Life has not yet taught my children why waiting matters. I’m not sure it’s ever going to.


children patience waiting parenting kids

Can children learn patience in this culture of now? / Illustration by Molly Egan

“Mom, can we look at backpacks, like you said?”

It was the Fourth of July. Three weeks into summer break and eight weeks before fifth grade would start, and my 10-year-old, Luke, was fairly vibrating with the need to browse schoolbags. This was my doing, I guess: I had casually remarked 48 hours prior that come fall, he’d need a new one. Since then, he’d asked me four times when we were going to get after that already.

I was annoyed, but I also understood it, because my son knows the drill — once we browse, we will find; once we find, we will click; once we click, we will get the thing we want, delivered right to the door, sometimes within hours. It’s very satisfying. And yes, sure, simply getting something new is part of the appeal for him here — he’s an American, after all, raised on the creed of consumerism like the rest of us. But beyond that, there’s also just the speed of it, the genie-like way something can suddenly pop into your brain, and then — *poof* — it can be yours. Why on earth would you wait for something you want when you don’t have to?

Luke and his little sister, Ellie, who’s six, have never really had to. They were born into the Peak Convenience epoch, a world of Amazon and Google and Apple Music and Alexa and high-speed internet and Netflix — and not the DVD-by-snail-mail Netflix, but the immediate, ever-present, on-demand version, plus Apple TV, Prime, Disney Plus, and Comcast DVRing. Want to watch Bluey now? Which episode, honey? Which part of which episode? Want to watch it five times in a row? Maybe 10? Oh, a book? Go look for what you want on Epic. Or download it right from the library!

It’s no wonder they’re so bad at waiting for things, obsessed with instant gratification and anesthetized to so much of life’s tedium and periods of dullness that happen between the action bits.
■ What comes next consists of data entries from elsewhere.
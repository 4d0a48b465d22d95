-- ===== src/Store/Consistent.antt =====
-- The invariant of the economy's tables: the CHECK constraints of app/models/user.py,
-- app/models/asset.py and app/models/gacha_execution.py, the primary key of the users, and that a
-- completed request has a stored result.
use cat_game_backend.Base.{
  ℕ, ◌≤◌, ◌≡◌, Bool, true, not, ◌||◌, is_none, arith, All, All-append, pos, ◌≤ℤ◌, String,
  Option-cases, inl, inr,
}
use cat_game_backend.Store.Rows.{
  User, Asset, GachaExecution, is_completed, user_row, asset_row, execution_row,
  advance_state_version,
}
use cat_game_backend.Store.Table.{IsBelow, IsBelow-suc, Distinct, find}
use cat_game_backend.Store.Session.{Db}
use cat_game_backend.Store.Executions.{has_request, new_execution}
use cat_game_backend.Store.Claims.{claimed_db}

abbrev pub IsSoundUser : User → Type 0
IsSoundUser u = (pos 0 ≤ℤ u.balance) × (pos 0 ≤ℤ u.mileage) × (1 ≤ u.state_version)

abbrev pub IsSoundAsset : Asset → Type 0
IsSoundAsset a = pos 1 ≤ℤ a.quantity

abbrev pub has_result : GachaExecution → Bool
has_result e = not (is_completed e.status) || not (is_none e.result_data)

abbrev pub IsSoundExecution : GachaExecution → Type 0
IsSoundExecution e = (pos 0 ≤ℤ e.balance_cost) × (has_result e ≡ true)

pub record IsConsistent (db : Db) : Type 0 where
  pub keys : Distinct db.users
  pub users : All IsSoundUser db.users
  pub asset_keys : Distinct db.assets
  pub asset_ids : All (IsBelow db.next_id) db.assets
  pub assets : All IsSoundAsset db.assets
  pub executions : All IsSoundExecution db.executions

pub advance-IsSoundUser : (u : User) → IsSoundUser u → IsSoundUser (advance_state_version u)
unfolding advance_state_version
advance-IsSoundUser u h = ground arith

module _ (user_id request_id : ℕ) (request_hash operation_type : String) where
  -- A claim keeps the invariant.
  pub claimed_db-IsConsistent :
      (db : Db)
      → IsConsistent db
      → IsConsistent (claimed_db user_id request_id request_hash operation_type db)
  unfolding claimed_db new_execution
  claimed_db-IsConsistent db h = elim (Option-cases (find (has_request request_id) db.executions)) [
    | inl absent ↦
        rw (absent, claimed_db)
          (record {
            keys = h.keys;
            users = h.users;
            asset_keys = h.asset_keys;
            asset_ids = IsBelow-suc db.next_id db.assets h.asset_ids;
            assets = h.assets;
            executions = All-append IsSoundExecution db.executions _ h.executions (ground arith);
          })
    | inr (e, present) ↦ rw (present, claimed_db) h
  ]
To be fair, they’re not the only ones.

Once upon a time, much of my generation sat in the back of our parents’ cars, sans screens, and roved what felt like the whole earth on the most banal errands, things that had nothing to do with us or our entertainment. We counted ceiling tiles inside the mattress store; we pretended to be lost in the circle racks at JCPenney while our moms shopped; we made up little dances standing in the deposit line at the bank. It sucked, all this waiting around for grown-ups to do things, but we didn’t know any different.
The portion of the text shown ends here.